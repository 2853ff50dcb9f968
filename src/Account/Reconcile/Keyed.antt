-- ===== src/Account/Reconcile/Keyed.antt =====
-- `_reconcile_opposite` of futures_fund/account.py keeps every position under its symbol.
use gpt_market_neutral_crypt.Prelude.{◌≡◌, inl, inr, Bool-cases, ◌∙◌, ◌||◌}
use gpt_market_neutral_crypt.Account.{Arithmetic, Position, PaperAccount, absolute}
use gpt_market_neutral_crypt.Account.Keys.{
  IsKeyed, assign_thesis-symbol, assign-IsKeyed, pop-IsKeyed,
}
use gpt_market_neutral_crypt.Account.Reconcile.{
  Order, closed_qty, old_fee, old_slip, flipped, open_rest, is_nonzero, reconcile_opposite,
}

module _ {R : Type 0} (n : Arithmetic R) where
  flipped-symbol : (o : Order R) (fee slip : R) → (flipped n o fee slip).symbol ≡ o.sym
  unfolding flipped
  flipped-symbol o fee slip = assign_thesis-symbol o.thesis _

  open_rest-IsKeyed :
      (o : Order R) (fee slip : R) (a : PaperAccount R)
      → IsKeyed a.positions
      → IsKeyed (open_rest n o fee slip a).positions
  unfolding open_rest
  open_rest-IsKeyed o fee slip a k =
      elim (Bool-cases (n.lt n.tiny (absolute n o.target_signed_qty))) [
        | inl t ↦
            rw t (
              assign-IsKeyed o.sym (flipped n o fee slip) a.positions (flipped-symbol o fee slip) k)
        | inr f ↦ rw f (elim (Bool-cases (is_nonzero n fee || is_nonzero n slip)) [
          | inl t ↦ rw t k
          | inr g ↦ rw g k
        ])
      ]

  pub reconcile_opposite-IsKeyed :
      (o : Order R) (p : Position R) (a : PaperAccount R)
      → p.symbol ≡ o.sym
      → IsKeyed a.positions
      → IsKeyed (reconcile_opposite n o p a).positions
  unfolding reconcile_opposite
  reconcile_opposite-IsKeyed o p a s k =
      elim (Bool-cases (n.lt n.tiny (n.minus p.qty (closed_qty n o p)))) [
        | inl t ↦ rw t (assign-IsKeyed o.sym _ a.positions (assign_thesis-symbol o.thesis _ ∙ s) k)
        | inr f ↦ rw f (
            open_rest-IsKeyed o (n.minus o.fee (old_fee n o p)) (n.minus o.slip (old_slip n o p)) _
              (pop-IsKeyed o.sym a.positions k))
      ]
--
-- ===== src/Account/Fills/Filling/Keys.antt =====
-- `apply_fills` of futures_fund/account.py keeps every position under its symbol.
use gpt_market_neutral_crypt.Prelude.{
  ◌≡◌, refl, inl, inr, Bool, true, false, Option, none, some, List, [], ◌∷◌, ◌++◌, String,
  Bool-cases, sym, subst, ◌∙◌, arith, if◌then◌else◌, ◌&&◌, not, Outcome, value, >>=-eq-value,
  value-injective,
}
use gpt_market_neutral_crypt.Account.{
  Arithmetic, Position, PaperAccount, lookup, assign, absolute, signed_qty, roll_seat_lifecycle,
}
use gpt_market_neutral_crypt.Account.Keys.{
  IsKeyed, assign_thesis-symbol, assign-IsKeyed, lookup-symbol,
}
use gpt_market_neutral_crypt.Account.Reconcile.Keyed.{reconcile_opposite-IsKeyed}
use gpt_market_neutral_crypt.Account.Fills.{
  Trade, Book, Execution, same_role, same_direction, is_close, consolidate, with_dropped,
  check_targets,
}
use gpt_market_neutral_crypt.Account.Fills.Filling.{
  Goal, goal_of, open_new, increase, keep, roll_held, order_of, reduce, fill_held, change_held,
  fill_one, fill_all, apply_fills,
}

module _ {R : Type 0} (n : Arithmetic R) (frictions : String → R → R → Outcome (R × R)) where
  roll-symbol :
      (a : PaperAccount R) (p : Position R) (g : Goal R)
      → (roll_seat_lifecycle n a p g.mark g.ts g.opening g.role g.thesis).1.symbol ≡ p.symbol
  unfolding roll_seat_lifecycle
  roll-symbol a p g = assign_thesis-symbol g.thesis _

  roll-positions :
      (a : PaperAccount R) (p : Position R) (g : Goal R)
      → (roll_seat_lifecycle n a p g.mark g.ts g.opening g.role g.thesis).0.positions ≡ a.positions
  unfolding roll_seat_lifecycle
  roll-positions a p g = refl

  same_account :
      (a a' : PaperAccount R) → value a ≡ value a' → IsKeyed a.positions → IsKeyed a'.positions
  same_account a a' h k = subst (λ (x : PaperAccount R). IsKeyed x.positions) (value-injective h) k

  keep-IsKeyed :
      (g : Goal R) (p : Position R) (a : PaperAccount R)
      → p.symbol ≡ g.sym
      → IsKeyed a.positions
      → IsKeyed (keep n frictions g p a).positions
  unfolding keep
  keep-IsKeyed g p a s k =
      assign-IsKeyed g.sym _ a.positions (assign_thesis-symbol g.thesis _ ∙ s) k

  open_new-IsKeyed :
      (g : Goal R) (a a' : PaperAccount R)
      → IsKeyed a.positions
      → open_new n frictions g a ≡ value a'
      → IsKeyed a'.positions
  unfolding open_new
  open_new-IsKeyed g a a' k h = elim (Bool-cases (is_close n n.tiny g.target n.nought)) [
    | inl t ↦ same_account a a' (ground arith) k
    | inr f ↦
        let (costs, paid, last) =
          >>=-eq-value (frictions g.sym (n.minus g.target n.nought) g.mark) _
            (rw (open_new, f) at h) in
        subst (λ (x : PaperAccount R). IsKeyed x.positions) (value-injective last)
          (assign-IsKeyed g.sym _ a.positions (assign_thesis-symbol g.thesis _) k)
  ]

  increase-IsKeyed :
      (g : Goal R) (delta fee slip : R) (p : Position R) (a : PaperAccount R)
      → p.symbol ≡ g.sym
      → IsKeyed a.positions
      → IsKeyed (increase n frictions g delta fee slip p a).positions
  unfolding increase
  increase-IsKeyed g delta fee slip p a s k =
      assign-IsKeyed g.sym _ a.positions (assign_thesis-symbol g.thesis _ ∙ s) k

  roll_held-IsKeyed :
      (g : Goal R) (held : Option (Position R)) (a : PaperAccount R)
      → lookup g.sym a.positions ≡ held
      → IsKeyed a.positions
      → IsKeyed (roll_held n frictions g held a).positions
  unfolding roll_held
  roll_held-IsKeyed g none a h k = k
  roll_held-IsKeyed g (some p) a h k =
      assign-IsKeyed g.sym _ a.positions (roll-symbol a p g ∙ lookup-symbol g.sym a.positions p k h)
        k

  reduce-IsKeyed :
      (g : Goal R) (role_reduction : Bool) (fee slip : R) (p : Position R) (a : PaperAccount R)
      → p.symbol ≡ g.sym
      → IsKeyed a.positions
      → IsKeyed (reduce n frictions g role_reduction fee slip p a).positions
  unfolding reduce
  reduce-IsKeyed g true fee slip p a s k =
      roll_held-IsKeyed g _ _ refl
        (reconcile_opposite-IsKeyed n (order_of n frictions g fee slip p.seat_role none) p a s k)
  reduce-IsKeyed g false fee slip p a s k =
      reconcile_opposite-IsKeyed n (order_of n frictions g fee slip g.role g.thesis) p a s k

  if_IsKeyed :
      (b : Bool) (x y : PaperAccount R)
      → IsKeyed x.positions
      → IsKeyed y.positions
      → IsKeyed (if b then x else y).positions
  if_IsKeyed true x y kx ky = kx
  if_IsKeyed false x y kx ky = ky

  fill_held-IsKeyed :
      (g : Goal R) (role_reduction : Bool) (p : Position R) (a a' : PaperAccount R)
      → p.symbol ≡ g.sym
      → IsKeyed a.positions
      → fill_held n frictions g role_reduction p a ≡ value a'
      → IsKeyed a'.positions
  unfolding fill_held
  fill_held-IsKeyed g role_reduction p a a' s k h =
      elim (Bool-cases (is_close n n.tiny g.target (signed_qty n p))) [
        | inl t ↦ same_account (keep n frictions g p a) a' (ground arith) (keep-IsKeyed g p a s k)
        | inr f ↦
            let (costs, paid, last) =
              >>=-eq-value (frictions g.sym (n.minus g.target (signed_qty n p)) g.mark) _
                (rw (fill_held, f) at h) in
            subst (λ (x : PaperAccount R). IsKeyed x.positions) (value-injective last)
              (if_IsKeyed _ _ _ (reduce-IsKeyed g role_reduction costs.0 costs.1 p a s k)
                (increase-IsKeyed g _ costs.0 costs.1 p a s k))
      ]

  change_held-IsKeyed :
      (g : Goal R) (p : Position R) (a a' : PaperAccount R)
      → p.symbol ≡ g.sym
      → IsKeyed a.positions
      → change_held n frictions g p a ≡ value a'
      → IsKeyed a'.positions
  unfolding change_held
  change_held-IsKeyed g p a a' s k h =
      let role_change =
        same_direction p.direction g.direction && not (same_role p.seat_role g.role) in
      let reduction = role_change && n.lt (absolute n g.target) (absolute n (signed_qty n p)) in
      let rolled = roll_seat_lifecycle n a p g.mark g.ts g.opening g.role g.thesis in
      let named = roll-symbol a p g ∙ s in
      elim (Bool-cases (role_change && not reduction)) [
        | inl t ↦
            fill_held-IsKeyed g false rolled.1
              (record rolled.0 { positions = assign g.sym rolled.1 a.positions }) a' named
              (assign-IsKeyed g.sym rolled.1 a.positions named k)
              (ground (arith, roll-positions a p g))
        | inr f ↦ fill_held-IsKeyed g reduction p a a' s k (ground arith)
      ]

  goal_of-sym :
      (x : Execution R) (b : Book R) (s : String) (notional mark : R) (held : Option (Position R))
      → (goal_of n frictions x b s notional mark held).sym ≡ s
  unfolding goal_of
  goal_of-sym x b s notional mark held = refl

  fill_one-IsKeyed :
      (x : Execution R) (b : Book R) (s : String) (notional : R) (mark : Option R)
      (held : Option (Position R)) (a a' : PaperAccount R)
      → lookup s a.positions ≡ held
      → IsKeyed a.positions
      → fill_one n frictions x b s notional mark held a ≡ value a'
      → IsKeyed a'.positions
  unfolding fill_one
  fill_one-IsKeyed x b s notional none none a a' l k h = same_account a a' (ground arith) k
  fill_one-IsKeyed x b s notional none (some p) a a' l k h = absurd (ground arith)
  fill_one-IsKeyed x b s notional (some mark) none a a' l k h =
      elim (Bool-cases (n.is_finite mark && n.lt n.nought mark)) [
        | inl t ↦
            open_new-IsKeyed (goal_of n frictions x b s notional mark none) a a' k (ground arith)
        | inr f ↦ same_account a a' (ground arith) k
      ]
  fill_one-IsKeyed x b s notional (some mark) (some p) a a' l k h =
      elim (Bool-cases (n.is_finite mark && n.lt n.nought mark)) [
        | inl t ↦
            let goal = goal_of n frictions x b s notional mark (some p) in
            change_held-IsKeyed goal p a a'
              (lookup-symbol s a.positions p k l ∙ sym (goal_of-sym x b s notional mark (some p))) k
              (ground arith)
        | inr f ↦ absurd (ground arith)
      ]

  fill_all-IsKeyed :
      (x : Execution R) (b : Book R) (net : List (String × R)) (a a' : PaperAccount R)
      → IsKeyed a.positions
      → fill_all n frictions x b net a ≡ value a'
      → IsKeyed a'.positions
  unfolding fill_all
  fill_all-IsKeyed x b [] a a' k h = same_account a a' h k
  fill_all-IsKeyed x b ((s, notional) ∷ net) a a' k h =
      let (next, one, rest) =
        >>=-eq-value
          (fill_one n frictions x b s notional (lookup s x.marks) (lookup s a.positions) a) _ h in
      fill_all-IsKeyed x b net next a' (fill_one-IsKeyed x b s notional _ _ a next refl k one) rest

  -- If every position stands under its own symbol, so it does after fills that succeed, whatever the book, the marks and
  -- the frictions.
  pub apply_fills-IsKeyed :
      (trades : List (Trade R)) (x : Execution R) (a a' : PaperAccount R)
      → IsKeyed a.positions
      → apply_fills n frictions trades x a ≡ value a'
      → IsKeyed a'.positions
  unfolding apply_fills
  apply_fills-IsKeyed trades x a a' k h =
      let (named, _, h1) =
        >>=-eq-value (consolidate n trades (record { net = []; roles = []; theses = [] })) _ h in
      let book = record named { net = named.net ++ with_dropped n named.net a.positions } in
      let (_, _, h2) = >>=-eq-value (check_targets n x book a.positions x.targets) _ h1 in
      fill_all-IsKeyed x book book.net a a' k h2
---
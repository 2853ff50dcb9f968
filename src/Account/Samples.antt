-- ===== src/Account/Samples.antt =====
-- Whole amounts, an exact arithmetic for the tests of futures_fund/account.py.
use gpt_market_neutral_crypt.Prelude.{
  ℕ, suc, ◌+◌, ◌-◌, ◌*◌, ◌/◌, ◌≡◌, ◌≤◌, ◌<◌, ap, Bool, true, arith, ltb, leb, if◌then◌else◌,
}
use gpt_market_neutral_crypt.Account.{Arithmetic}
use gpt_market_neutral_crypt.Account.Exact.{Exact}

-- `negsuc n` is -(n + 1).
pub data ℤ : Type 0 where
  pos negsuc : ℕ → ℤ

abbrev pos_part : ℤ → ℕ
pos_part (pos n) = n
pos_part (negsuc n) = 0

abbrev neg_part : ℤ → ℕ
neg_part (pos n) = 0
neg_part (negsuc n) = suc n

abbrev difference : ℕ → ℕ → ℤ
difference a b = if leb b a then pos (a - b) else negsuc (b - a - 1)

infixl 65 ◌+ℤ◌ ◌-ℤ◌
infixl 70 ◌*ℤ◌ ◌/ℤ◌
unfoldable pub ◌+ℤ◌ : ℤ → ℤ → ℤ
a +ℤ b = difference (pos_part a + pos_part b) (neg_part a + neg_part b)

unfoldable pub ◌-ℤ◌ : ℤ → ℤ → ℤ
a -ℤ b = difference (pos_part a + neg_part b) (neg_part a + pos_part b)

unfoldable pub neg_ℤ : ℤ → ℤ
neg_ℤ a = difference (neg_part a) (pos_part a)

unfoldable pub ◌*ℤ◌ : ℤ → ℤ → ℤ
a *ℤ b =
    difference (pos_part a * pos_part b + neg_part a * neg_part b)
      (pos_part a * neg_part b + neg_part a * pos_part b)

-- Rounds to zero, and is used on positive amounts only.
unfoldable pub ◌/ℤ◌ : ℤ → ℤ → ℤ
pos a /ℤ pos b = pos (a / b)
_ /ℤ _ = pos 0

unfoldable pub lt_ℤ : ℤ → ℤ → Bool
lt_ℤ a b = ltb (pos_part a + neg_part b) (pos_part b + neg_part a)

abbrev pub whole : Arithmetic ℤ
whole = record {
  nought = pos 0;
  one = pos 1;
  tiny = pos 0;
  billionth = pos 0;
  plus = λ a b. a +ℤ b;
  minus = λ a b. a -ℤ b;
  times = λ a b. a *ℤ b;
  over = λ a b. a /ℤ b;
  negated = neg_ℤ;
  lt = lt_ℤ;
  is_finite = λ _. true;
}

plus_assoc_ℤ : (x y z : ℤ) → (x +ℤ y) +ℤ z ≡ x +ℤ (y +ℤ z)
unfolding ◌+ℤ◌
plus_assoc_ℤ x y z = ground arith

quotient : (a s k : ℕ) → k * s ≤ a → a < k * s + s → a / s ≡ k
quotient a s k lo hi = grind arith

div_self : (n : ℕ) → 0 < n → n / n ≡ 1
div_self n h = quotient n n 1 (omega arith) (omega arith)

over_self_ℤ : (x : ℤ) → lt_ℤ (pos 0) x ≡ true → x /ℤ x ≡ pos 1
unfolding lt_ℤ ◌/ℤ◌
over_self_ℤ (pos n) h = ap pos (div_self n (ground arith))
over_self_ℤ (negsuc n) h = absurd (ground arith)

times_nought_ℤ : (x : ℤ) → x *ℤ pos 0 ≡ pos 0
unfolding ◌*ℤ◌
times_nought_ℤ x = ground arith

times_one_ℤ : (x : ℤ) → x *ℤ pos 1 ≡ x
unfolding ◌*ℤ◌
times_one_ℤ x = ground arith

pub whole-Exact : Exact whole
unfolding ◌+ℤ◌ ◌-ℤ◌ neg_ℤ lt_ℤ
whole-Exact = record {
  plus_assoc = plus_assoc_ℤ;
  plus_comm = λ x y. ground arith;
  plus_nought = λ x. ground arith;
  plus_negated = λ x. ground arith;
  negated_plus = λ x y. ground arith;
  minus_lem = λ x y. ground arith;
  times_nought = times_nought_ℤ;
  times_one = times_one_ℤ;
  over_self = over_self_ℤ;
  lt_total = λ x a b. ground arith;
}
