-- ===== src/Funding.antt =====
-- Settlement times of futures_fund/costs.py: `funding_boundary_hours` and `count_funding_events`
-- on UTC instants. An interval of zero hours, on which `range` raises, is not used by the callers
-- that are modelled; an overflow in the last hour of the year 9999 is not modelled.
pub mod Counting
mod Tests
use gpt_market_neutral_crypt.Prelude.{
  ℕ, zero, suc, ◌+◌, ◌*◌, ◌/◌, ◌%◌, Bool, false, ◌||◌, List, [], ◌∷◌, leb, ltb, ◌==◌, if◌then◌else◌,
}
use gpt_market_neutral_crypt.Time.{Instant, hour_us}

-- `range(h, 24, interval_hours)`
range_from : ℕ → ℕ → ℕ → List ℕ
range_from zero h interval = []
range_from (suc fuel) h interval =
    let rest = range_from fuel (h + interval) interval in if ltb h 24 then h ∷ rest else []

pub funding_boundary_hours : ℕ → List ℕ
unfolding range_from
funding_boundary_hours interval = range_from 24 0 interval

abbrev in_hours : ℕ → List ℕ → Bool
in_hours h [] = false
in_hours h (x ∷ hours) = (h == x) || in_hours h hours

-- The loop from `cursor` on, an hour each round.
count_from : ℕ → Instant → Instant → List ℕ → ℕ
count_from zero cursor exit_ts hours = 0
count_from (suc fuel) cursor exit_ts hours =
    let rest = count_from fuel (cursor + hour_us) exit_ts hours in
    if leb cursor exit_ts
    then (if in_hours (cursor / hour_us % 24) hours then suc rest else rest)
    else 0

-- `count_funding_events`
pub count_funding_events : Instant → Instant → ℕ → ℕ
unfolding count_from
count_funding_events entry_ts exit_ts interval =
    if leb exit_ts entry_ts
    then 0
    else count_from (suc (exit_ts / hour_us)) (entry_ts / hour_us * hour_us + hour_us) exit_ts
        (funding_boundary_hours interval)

## PROBLEM DESCRIPTION
Using the listing above, return word for word each line from the one that has "fill_one-IsKeyed x b s notional (some mark) (some" through the one that has "fill_all-IsKeyed x book", and no line outside that range.

## YOUR RESPONSE
  fill_one-IsKeyed x b s notional (some mark) (some p) a a' l k h =
      elim (Bool-cases (n.is_finite mark && n.lt n.nought mark)) [
        | inl t ↦
            let goal = goal_of n frictions x b s notional mark (some p) in
            change_held-IsKeyed goal p a a'
              (lookup-symbol s a.positions p k l ∙ sym (goal_of-sym x b s notional mark (some p))) k
              (ground arith)
        | inr f ↦ absurd (ground arith)
      ]

  fill_all-IsKeyed :
      (x : Execution R) (b : Book R) (net : List (String × R)) (a a' : PaperAccount R)
      → IsKeyed a.positions
      → fill_all n frictions x b net a ≡ value a'
      → IsKeyed a'.positions
  unfolding fill_all
  fill_all-IsKeyed x b [] a a' k h = same_account a a' h k
  fill_all-IsKeyed x b ((s, notional) ∷ net) a a' k h =
      let (next, one, rest) =
        >>=-eq-value
          (fill_one n frictions x b s notional (lookup s x.marks) (lookup s a.positions) a) _ h in
      fill_all-IsKeyed x b net next a' (fill_one-IsKeyed x b s notional _ _ a next refl k one) rest

  -- If every position stands under its own symbol, so it does after fills that succeed, whatever the book, the marks and
  -- the frictions.
  pub apply_fills-IsKeyed :
      (trades : List (Trade R)) (x : Execution R) (a a' : PaperAccount R)
      → IsKeyed a.positions
      → apply_fills n frictions trades x a ≡ value a'
      → IsKeyed a'.positions
  unfolding apply_fills
  apply_fills-IsKeyed trades x a a' k h =
      let (named, _, h1) =
        >>=-eq-value (consolidate n trades (record { net = []; roles = []; theses = [] })) _ h in
      let book = record named { net = named.net ++ with_dropped n named.net a.positions } in
      let (_, _, h2) = >>=-eq-value (check_targets n x book a.positions x.targets) _ h1 in
      fill_all-IsKeyed x book book.net a a' k h2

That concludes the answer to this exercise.